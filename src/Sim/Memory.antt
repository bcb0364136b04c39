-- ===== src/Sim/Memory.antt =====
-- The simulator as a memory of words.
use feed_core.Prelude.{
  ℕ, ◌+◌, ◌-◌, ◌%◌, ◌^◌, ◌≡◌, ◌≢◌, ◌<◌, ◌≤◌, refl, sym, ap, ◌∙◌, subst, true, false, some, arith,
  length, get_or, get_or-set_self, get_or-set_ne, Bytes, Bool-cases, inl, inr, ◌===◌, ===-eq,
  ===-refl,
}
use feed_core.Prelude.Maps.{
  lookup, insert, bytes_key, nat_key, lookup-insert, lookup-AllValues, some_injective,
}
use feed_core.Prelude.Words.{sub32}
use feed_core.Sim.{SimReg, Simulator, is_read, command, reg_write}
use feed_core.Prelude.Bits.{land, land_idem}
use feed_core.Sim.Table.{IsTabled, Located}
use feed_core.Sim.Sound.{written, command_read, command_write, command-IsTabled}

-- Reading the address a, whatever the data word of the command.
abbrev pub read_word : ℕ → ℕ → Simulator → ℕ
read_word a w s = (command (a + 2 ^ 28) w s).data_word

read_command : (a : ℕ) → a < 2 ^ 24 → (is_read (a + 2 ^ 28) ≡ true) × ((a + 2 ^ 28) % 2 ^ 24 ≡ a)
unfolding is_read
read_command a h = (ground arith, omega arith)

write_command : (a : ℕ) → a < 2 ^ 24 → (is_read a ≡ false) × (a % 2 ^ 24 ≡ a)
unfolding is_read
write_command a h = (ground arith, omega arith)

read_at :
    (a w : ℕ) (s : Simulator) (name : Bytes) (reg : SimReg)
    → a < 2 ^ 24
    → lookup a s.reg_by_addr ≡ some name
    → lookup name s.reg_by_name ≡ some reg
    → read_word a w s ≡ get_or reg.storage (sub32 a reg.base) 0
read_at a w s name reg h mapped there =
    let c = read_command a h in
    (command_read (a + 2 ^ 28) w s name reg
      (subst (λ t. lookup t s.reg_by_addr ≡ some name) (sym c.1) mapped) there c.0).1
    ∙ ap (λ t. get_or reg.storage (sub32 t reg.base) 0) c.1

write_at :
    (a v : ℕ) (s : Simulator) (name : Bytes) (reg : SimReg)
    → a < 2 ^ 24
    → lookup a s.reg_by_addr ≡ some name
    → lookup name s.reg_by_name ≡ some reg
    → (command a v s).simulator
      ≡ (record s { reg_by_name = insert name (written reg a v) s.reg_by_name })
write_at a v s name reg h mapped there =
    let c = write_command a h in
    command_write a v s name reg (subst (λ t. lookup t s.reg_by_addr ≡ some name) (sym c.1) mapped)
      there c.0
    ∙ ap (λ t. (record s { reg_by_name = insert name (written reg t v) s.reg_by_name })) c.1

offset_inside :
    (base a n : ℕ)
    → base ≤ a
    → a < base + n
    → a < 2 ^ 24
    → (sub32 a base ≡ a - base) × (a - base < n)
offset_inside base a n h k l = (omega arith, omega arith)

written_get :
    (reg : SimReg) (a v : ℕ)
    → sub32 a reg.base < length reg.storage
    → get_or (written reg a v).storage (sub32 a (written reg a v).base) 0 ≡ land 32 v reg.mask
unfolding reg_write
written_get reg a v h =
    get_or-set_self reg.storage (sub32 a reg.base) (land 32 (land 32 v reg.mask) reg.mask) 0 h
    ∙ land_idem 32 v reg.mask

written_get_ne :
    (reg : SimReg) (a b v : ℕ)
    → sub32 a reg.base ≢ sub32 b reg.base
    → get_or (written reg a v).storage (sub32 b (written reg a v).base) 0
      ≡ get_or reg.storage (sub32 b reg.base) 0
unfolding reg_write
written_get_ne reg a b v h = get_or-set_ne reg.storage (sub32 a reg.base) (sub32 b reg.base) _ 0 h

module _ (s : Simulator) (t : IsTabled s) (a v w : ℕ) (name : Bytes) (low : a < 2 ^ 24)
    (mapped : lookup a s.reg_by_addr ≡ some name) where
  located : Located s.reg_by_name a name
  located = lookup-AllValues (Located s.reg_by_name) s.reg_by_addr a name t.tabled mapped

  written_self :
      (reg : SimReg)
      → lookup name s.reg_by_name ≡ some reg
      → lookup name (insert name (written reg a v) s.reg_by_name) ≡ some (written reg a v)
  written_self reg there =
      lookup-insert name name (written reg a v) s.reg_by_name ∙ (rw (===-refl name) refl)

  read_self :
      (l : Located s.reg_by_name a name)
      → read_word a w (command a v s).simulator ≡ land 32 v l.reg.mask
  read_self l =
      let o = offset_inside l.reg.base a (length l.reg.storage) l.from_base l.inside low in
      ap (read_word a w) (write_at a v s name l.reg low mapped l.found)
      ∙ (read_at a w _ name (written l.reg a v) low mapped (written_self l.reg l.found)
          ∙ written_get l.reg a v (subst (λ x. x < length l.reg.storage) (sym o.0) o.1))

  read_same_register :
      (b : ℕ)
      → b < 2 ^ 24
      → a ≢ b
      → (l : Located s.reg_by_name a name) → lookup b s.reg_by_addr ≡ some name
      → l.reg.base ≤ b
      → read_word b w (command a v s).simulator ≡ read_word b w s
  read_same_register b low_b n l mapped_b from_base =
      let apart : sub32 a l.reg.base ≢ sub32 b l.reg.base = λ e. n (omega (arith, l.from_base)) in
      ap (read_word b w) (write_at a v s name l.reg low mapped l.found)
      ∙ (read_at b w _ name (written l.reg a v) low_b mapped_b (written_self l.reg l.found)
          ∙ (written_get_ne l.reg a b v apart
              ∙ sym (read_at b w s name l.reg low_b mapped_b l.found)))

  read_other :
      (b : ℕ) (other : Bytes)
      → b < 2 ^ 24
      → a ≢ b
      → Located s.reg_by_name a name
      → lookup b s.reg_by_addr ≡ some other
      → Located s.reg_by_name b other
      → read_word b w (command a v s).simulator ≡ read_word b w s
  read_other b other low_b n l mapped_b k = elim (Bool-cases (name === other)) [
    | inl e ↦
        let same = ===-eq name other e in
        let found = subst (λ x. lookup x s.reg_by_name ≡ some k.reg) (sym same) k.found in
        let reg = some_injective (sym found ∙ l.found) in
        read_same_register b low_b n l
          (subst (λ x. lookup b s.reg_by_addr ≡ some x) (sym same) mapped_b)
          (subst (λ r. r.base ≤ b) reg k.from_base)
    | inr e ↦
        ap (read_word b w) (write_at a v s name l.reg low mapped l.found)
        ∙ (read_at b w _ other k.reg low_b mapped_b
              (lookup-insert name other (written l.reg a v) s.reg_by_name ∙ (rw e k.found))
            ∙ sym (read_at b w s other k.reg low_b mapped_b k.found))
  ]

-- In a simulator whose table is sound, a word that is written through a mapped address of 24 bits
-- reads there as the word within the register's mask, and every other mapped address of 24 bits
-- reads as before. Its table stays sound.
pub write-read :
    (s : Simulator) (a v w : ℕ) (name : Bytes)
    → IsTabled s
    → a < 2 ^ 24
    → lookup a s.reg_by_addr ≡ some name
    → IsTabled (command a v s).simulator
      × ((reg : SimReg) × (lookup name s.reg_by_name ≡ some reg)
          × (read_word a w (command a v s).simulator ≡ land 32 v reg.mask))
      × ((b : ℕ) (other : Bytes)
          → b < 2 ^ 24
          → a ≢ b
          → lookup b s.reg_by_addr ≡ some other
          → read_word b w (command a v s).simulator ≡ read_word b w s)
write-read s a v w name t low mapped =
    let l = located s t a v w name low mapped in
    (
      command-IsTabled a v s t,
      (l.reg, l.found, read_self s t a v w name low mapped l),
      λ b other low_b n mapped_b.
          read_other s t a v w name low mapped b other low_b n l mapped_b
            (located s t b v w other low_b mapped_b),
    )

┄┄┄┄┄┄┄┄┄┄

WORK INSTRUCTION: Each line above from the one with "- base < n)" up to and including the one with "let o = offset_inside" must be set down exactly, and no line outside that span may appear.

FINISHED EXERCISE:
    → (sub32 a base ≡ a - base) × (a - base < n)
offset_inside base a n h k l = (omega arith, omega arith)

written_get :
    (reg : SimReg) (a v : ℕ)
    → sub32 a reg.base < length reg.storage
    → get_or (written reg a v).storage (sub32 a (written reg a v).base) 0 ≡ land 32 v reg.mask
unfolding reg_write
written_get reg a v h =
    get_or-set_self reg.storage (sub32 a reg.base) (land 32 (land 32 v reg.mask) reg.mask) 0 h
    ∙ land_idem 32 v reg.mask

written_get_ne :
    (reg : SimReg) (a b v : ℕ)
    → sub32 a reg.base ≢ sub32 b reg.base
    → get_or (written reg a v).storage (sub32 b (written reg a v).base) 0
      ≡ get_or reg.storage (sub32 b reg.base) 0
unfolding reg_write
written_get_ne reg a b v h = get_or-set_ne reg.storage (sub32 a reg.base) (sub32 b reg.base) _ 0 h

module _ (s : Simulator) (t : IsTabled s) (a v w : ℕ) (name : Bytes) (low : a < 2 ^ 24)
    (mapped : lookup a s.reg_by_addr ≡ some name) where
  located : Located s.reg_by_name a name
  located = lookup-AllValues (Located s.reg_by_name) s.reg_by_addr a name t.tabled mapped

  written_self :
      (reg : SimReg)
      → lookup name s.reg_by_name ≡ some reg
      → lookup name (insert name (written reg a v) s.reg_by_name) ≡ some (written reg a v)
  written_self reg there =
      lookup-insert name name (written reg a v) s.reg_by_name ∙ (rw (===-refl name) refl)

  read_self :
      (l : Located s.reg_by_name a name)
      → read_word a w (command a v s).simulator ≡ land 32 v l.reg.mask
  read_self l =
      let o = offset_inside l.reg.base a (length l.reg.storage) l.from_base l.inside low in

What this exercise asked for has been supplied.